[Dataset entries]
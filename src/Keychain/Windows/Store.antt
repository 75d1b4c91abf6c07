-- ===== src/Keychain/Windows/Store.antt =====
-- store/keychain/keychain_windows.go: the methods that read, write and delete one secret. `none` is a
-- run of `delete_chunks` that its fuel cuts short.
use secrets_engine.Keychain.Metadata.{
  Attributes, safely_set_metadata, safely_set_id, safely_clean_metadata,
}
use secrets_engine.Keychain.Windows.{
  Credential, WinError, element_not_found, KeychainError, invalid_chunk_count, secret_error,
  codec_error, KeychainStore, max_blob_size, chunk_count_key, chunk_index_key, item_label,
  item_chunk_label, map_windows_credential_error, map_to_windows_attributes,
  map_from_windows_attributes,
}
use secrets_engine.Keychain.Windows.Chunks.{chunk_blob}
use secrets_engine.Maps.{empty, put}
use secrets_engine.Prelude.{
  ℕ, zero, suc, List, [], ◌∷◌, ◌++◌, Option, none, some, Result, ok, err, ◌>>=◌, ltb, if◌then◌else◌,
  length,
}
use secrets_engine.Secrets.Identifier.{SecretId}
use secrets_engine.Text.{Bytes}
use secrets_engine.Text.Decimal.{itoa, atoi, ℤ, pos, negsuc}

abbrev pub Outcome : Type 0 → Type 0
Outcome S = Result KeychainError (Unit {0}) × S

abbrev map_error : {E F A : Type 0} → (E → F) → Result E A → Result F A
map_error f (err e) = err (f e)
map_error f (ok a) = ok a

-- What a failed deletion comes to: a missing credential is no error.
abbrev delete_failed : {S : Type 0} → WinError → S → Outcome S
delete_failed element_not_found s = (ok tt, s)
delete_failed e s = (err (map_windows_credential_error e), s)

-- What a deletion comes to.
abbrev pub deletion : {S : Type 0} → Result WinError (Unit {0}) → S → Outcome S
deletion (err e) s = delete_failed e s
deletion (ok u) s = (ok tt, s)

-- What a write returns.
abbrev pub written : {S : Type 0} → Result WinError (Unit {0}) → S → Outcome S
written r s = (map_error map_windows_credential_error r, s)

module _ {S : Type 0} (k : KeychainStore S) where
  -- `encodeSecret`
  unfoldable pub encode_secret : k.secret.Value → Result KeychainError Bytes
  encode_secret v =
      map_error secret_error (k.secret.marshal v)
      >>= (λ bytes. map_error codec_error (k.codec.encode bytes))

  -- `decodeSecret`; the secret that it fills is given and returned.
  unfoldable pub decode_secret : Bytes → k.secret.Value → Result KeychainError k.secret.Value
  decode_secret blob v =
      map_error codec_error (k.codec.decode blob)
      >>= (λ val. map_error secret_error (k.secret.unmarshal val v))

  -- The loop of `readChunks`: the number of rounds left, the index and what is read so far.
  unfoldable pub read_loop : SecretId → ℕ → ℕ → Bytes → S → Result KeychainError Bytes
  read_loop i zero index blob s = ok blob
  read_loop i (suc rounds) index blob s =
      elim (k.wincred.get_generic_credential (item_chunk_label k i index) s) [
        | err e ↦ err (map_windows_credential_error e)
        | ok gc ↦ read_loop i rounds (suc index) (blob ++ gc.credential_blob) s
      ]

  -- `readChunks`; a loop over a negsuc count has no round.
  unfoldable pub read_chunks : SecretId → ℤ → S → Result KeychainError Bytes
  read_chunks i (pos count) s = read_loop i count 0 [] s
  read_chunks i (negsuc count) s = ok []

  -- The loop of `deleteChunks` from an index on.
  unfoldable pub delete_loop : ℕ → SecretId → ℕ → S → Option (Outcome S)
  delete_loop zero i index s = none
  delete_loop (suc f) i index s =
      let (r, s') = k.wincred.delete_credential (item_chunk_label k i index) s in
      elim r [ err e ↦ some (delete_failed e s') | ok u ↦ delete_loop f i (suc index) s' ]

  -- `deleteChunks`
  unfoldable pub delete_chunks : ℕ → SecretId → S → Option (Outcome S)
  unfolding delete_loop
  delete_chunks fuel i s = delete_loop fuel i 0 s

  -- The call at the end of `Delete`.
  abbrev pub delete_primary : SecretId → S → Outcome S
  delete_primary i s =
      deletion (k.wincred.delete_credential (item_label k i) s).0
        (k.wincred.delete_credential (item_label k i) s).1

  -- `Delete`
  unfoldable pub delete : ℕ → SecretId → S → Option (Outcome S)
  delete fuel i s = elim (delete_chunks fuel i s) [
    | none ↦ none
    | some o ↦ elim o.0 [ err e ↦ some (err e, o.1) | ok u ↦ some (delete_primary i o.1) ]
  ]

  -- The blob of a credential, from its chunks if it has a count of them.
  unfoldable pub raw_blob : SecretId → Credential → S → Result KeychainError Bytes
  raw_blob i gc s = elim (map_from_windows_attributes gc.attributes chunk_count_key) [
    | none ↦ ok gc.credential_blob
    | some count_str ↦ elim (atoi count_str) [
      | none ↦ err (invalid_chunk_count count_str)
      | some count ↦ read_chunks i count s
    ]
  ]

  -- `loadSecret`, which `Get` spells out; `keys` is what `maps.Keys` yields.
  unfoldable pub load_secret :
      List Bytes → SecretId → Credential → S → Result KeychainError k.secret.Value
  load_secret keys i gc s = raw_blob i gc s >>= (λ blob.
      map_error secret_error (
        k.secret.set_metadata
          (safely_clean_metadata keys (map_from_windows_attributes gc.attributes)) (k.factory i))
      >>= (λ secret. decode_secret blob secret))

  -- `Get`
  unfoldable pub get : List Bytes → SecretId → S → Result KeychainError k.secret.Value
  get keys i s =
      map_error map_windows_credential_error (k.wincred.get_generic_credential (item_label k i) s)
      >>= (λ gc. load_secret keys i gc s)

  abbrev pub chunk_credential : SecretId → ℕ → Bytes → Credential
  chunk_credential i index chunk = record {
    target_name = item_chunk_label k i index;
    user_name = i;
    credential_blob = chunk;
    attributes =
        map_to_windows_attributes (chunk_index_key ∷ []) (put chunk_index_key (itoa index) empty);
  }

  -- The loop of `Save` over the chunks.
  unfoldable pub write_chunks : SecretId → ℕ → List Bytes → S → Outcome S
  write_chunks i index [] s = (ok tt, s)
  write_chunks i index (chunk ∷ chunks) s =
      let o = k.wincred.write_credential (chunk_credential i index chunk) s in
      elim o.0 [
        | err e ↦ (err (map_windows_credential_error e), o.1)
        | ok u ↦ write_chunks i (suc index) chunks o.1
      ]

  -- The call at the end of `Save`.
  abbrev pub write_primary : Credential → S → Outcome S
  write_primary g s = written (k.wincred.write_credential g s).0 (k.wincred.write_credential g s).1

  -- The credential that `Save` writes last.
  abbrev pub primary_credential : SecretId → Bytes → List Bytes → Attributes → Credential
  primary_credential i blob keys attributes = record {
    target_name = item_label k i;
    user_name = i;
    credential_blob = blob;
    attributes = map_to_windows_attributes keys attributes;
  }

  -- What follows the loop over the chunks.
  abbrev pub after_chunks : Credential → Result KeychainError (Unit {0}) → S → Outcome S
  after_chunks g (err e) s = (err e, s)
  after_chunks g (ok u) s = write_primary g s

  -- The second half of `Save`, after the stale chunks are gone; `keys` is the order of the attributes.
  unfoldable pub write_secret : SecretId → Bytes → List Bytes → Attributes → S → Outcome S
  write_secret i blob keys attributes s =
      let chunks = chunk_blob blob max_blob_size in
      if ltb max_blob_size (length blob)
      then after_chunks
          (primary_credential i [] keys (put chunk_count_key (itoa (length chunks)) attributes))
          (write_chunks i 0 chunks s).0 (write_chunks i 0 chunks s).1
      else write_primary (primary_credential i blob keys attributes) s

  -- The attributes of a secret's item.
  abbrev pub item_attributes : List Bytes → SecretId → k.secret.Value → Attributes
  item_attributes keys i v =
      safely_set_id i
        (safely_set_metadata k.service_group k.service_name keys (k.secret.metadata v))

  -- `Save`; `metadata_keys` is what `maps.Keys` yields on the secret's metadata.
  unfoldable pub save :
      ℕ → List Bytes → List Bytes → SecretId → k.secret.Value → S → Option (Outcome S)
  save fuel metadata_keys keys i v s = elim (encode_secret v) [
    | err e ↦ some (err e, s)
    | ok blob ↦ elim (delete_chunks fuel i s) [
      | none ↦ none
      | some o ↦ elim o.0 [
        | err e ↦ some (err e, o.1)
        | ok u ↦ some (write_secret i blob keys (item_attributes metadata_keys i v) o.1)
      ]
    ]
  ]

  -- `Upsert`
  unfoldable pub upsert :
      ℕ → List Bytes → List Bytes → SecretId → k.secret.Value → S → Option (Outcome S)
  upsert fuel metadata_keys keys i v s = save fuel metadata_keys keys i v s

## What you are asked to do
Please print exactly what appears from the first line of the data through the line with "map_error f (ok a) = ok a", including both of those lines and nothing past them.

## Task answer
filename src/Keychain/Windows/Store.antt
repository 75d1b4c91abf6c07
-- ===== src/Keychain/Windows/Store.antt =====
-- store/keychain/keychain_windows.go: the methods that read, write and delete one secret. `none` is a
-- run of `delete_chunks` that its fuel cuts short.
use secrets_engine.Keychain.Metadata.{
  Attributes, safely_set_metadata, safely_set_id, safely_clean_metadata,
}
use secrets_engine.Keychain.Windows.{
  Credential, WinError, element_not_found, KeychainError, invalid_chunk_count, secret_error,
  codec_error, KeychainStore, max_blob_size, chunk_count_key, chunk_index_key, item_label,
  item_chunk_label, map_windows_credential_error, map_to_windows_attributes,
  map_from_windows_attributes,
}
use secrets_engine.Keychain.Windows.Chunks.{chunk_blob}
use secrets_engine.Maps.{empty, put}
use secrets_engine.Prelude.{
  ℕ, zero, suc, List, [], ◌∷◌, ◌++◌, Option, none, some, Result, ok, err, ◌>>=◌, ltb, if◌then◌else◌,
  length,
}
use secrets_engine.Secrets.Identifier.{SecretId}
use secrets_engine.Text.{Bytes}
use secrets_engine.Text.Decimal.{itoa, atoi, ℤ, pos, negsuc}

abbrev pub Outcome : Type 0 → Type 0
Outcome S = Result KeychainError (Unit {0}) × S

abbrev map_error : {E F A : Type 0} → (E → F) → Result E A → Result F A
map_error f (err e) = err (f e)
map_error f (ok a) = ok a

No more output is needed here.